(Record set begins)
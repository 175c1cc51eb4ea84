-- ===== src/Inventory/Counts/Ending.antt =====
-- bulkAddItems and completeCount of src/modules/inventory/inventory.service.ts keep the counts well
-- formed.
use openeos_api.Base.{
  ℕ, suc, ◌≡◌, refl, inl, inr, arith, Bool, true, false, not, ◌&&◌, List, [], ◌∷◌, ◌++◌, ◌==◌, keep,
  All, put, get-put_self, Bool-cases,
}
use openeos_api.Entities.{Product, InventoryCount, InventoryCountItem}
use openeos_api.Store.{Store, Env, Result, ok, err, and_then, pure}
use openeos_api.Store.Reads.{after_guard}
use openeos_api.Inventory.{
  BulkAddInventoryItemsDto, save_count, complete_count, bulk_add_items, add_products, to_add,
  asks_for, holds, uncounted, completed, new_item, with_items, is_draft, is_in_progress,
}
use openeos_api.Inventory.Reads.{after_find_count, find_one_count_internal-run}
use openeos_api.Inventory.Stock.{IsKeyed, has_key, adjust_items-Adjusted}
use openeos_api.Inventory.Counts.{IsWellFormed, IsCounted-All, holds-append}
use openeos_api.Inventory.Counts.Keeps.{CountInv, After, saved, appended, is_true}

-- The product of a row is not in the count yet.
abbrev IsNew : InventoryCount → ℕ × Product → Type 0
IsNew c row = holds row.0 c.items ≡ false

stay-IsNew :
    (c : InventoryCount) (pid : ℕ) (i : InventoryCountItem) (rows : List (ℕ × Product))
    → i.product_id ≡ pid
    → has_key pid rows ≡ false
    → All (IsNew c) rows
    → All (IsNew (with_items c (c.items ++ i ∷ []))) rows
stay-IsNew c pid i [] same apart h = tt
stay-IsNew c pid i ((k, p) ∷ rows) same apart h = (
  ground (arith, holds-append k c.items i, h.0, same, apart),
  stay-IsNew c pid i rows same (ground (arith, apart)) h.1,
)

then_pure :
    {A B : Type 0} (r : Result A × Store) (f : A → B)
    → CountInv r.1
    → CountInv (and_then r λ a. pure (f a)).1
then_pure (ok a, t) f v = v
then_pure (err x, t) f v = v

add_products-CountInv :
    (cid : ℕ) (c : InventoryCount) (rows : List (ℕ × Product)) (s : Store)
    → CountInv s
    → IsWellFormed c
    → is_draft c.status ≡ true
    → IsKeyed rows
    → All (IsNew c) rows
    → CountInv (add_products cid c rows s).1
unfolding add_products save_count
add_products-CountInv cid c [] s v w draft keyed new = v
add_products-CountInv cid c ((pid, p) ∷ rest) s v w draft keyed new =
    let i = new_item s.next_id pid p in
    let d = with_items c (c.items ++ i ∷ []) in
    let grown = appended c i w draft (refl, refl) new.0 in
    then_pure _ _ (
      add_products-CountInv cid d rest
        (record s { next_id = suc s.next_id; inventory_counts = put cid d s.inventory_counts })
        (saved cid d s.inventory_counts s.products v grown) grown draft keyed.1
        (stay-IsNew c pid i rest refl keyed.0 new.1))

has_key-keep :
    (k : ℕ) (p : ℕ × Product → Bool) (rows : List (ℕ × Product))
    → has_key k rows ≡ false
    → has_key k (keep p rows) ≡ false
has_key-keep k p [] h = refl
has_key-keep k p (row ∷ rows) h = elim (Bool-cases (p row)) [
  | inl y ↦ rw y (ground (arith, h, has_key-keep k p rows (ground (arith, h))))
  | inr n ↦ rw n (has_key-keep k p rows (ground (arith, h)))
]

keep-IsKeyed :
    (p : ℕ × Product → Bool) (rows : List (ℕ × Product)) → IsKeyed rows → IsKeyed (keep p rows)
keep-IsKeyed p [] h = tt
keep-IsKeyed p ((k, q) ∷ rows) h = elim (Bool-cases (p (k, q))) [
  | inl y ↦ rw y (has_key-keep k p rows h.0, keep-IsKeyed p rows h.1)
  | inr n ↦ rw n (keep-IsKeyed p rows h.1)
]

last_test : (a b c : Bool) → (a && b && not c) ≡ true → c ≡ false
last_test a b c h = ground arith

to_add-IsNew :
    (eid : ℕ) (dto : BulkAddInventoryItemsDto) (c : InventoryCount) (rows : List (ℕ × Product))
    → All (IsNew c) (to_add eid dto c.items rows)
to_add-IsNew eid dto c [] = tt
to_add-IsNew eid dto c (row ∷ rows) =
    elim (Bool-cases (
      (row.1.event_id == eid)
      && asks_for dto.category_id dto.product_ids row.0 row.1
      && not (holds row.0 c.items))) [
        | inl y ↦ rw y (
          last_test (row.1.event_id == eid) (asks_for dto.category_id dto.product_ids row.0 row.1)
              (holds row.0 c.items) y,
          to_add-IsNew eid dto c rows,
        )
        | inr n ↦ rw n (to_add-IsNew eid dto c rows)
      ]

pub bulk_add_items-CountInv :
    (eid cid uid : ℕ) (dto : BulkAddInventoryItemsDto) (s : Store)
    → CountInv s
    → CountInv (bulk_add_items eid cid dto uid s).1
unfolding bulk_add_items
bulk_add_items-CountInv eid cid uid dto s v =
    after_find_count After eid cid _ s (λ x. v)
      (λ c found _. after_guard After (not (is_draft c.status)) _ _ s v λ draft.
        add_products-CountInv cid c (to_add eid dto c.items s.products) s v
          (v.well_formed cid c found) (is_true (is_draft c.status) draft)
          (keep-IsKeyed _ s.products v.keyed) (to_add-IsNew eid dto c s.products))
      uid

-- A count in progress that is counted and completed.
completed-IsWellFormed :
    (env : Env) (uid : ℕ) (c : InventoryCount)
    → IsWellFormed c
    → uncounted c.items ≡ false
    → IsWellFormed (completed env uid c)
completed-IsWellFormed env uid c w done = record {
  consistent = w.consistent;
  distinct = w.distinct;
  draft_uncounted = λ h. cc;
  in_progress_items = λ h. cc;
  completed_counted = λ _. IsCounted-All c.items w.consistent done;
}

pub complete_count-CountInv :
    (env : Env) (eid cid uid : ℕ) (s : Store)
    → CountInv s
    → CountInv (complete_count env eid cid uid s).1
unfolding complete_count save_count
complete_count-CountInv env eid cid uid s v =
    after_find_count After eid cid _ s (λ x. v)
      (λ c found own. after_guard After (not (is_in_progress c.status)) _ _ s v λ running.
        after_guard After (uncounted c.items) _ _ s v λ done.
          let adjusted = adjust_items-Adjusted eid cid uid c.items s in
          let counts = put cid (completed env uid c) s.inventory_counts in
          let found_again =
            find_one_count_internal-run eid cid (completed env uid c)
              (record s {
                products = adjusted.products;
                movements = adjusted.movements;
                inventory_counts = counts;
              })
              (get-put_self cid (completed env uid c) s.inventory_counts) own in
          rw (adjusted.run, found_again)
            (saved cid (completed env uid c) s.inventory_counts adjusted.products
              (record { well_formed = v.well_formed; keyed = adjusted.keyed v.keyed })
              (completed-IsWellFormed env uid c (v.well_formed cid c found) done)))
      uid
(Record set ends)
• What needs to be done: Among the records, find the lines that contain "Reads" and copy each of them.

• Task response:
use openeos_api.Store.Reads.{after_guard}
use openeos_api.Inventory.Reads.{after_find_count, find_one_count_internal-run}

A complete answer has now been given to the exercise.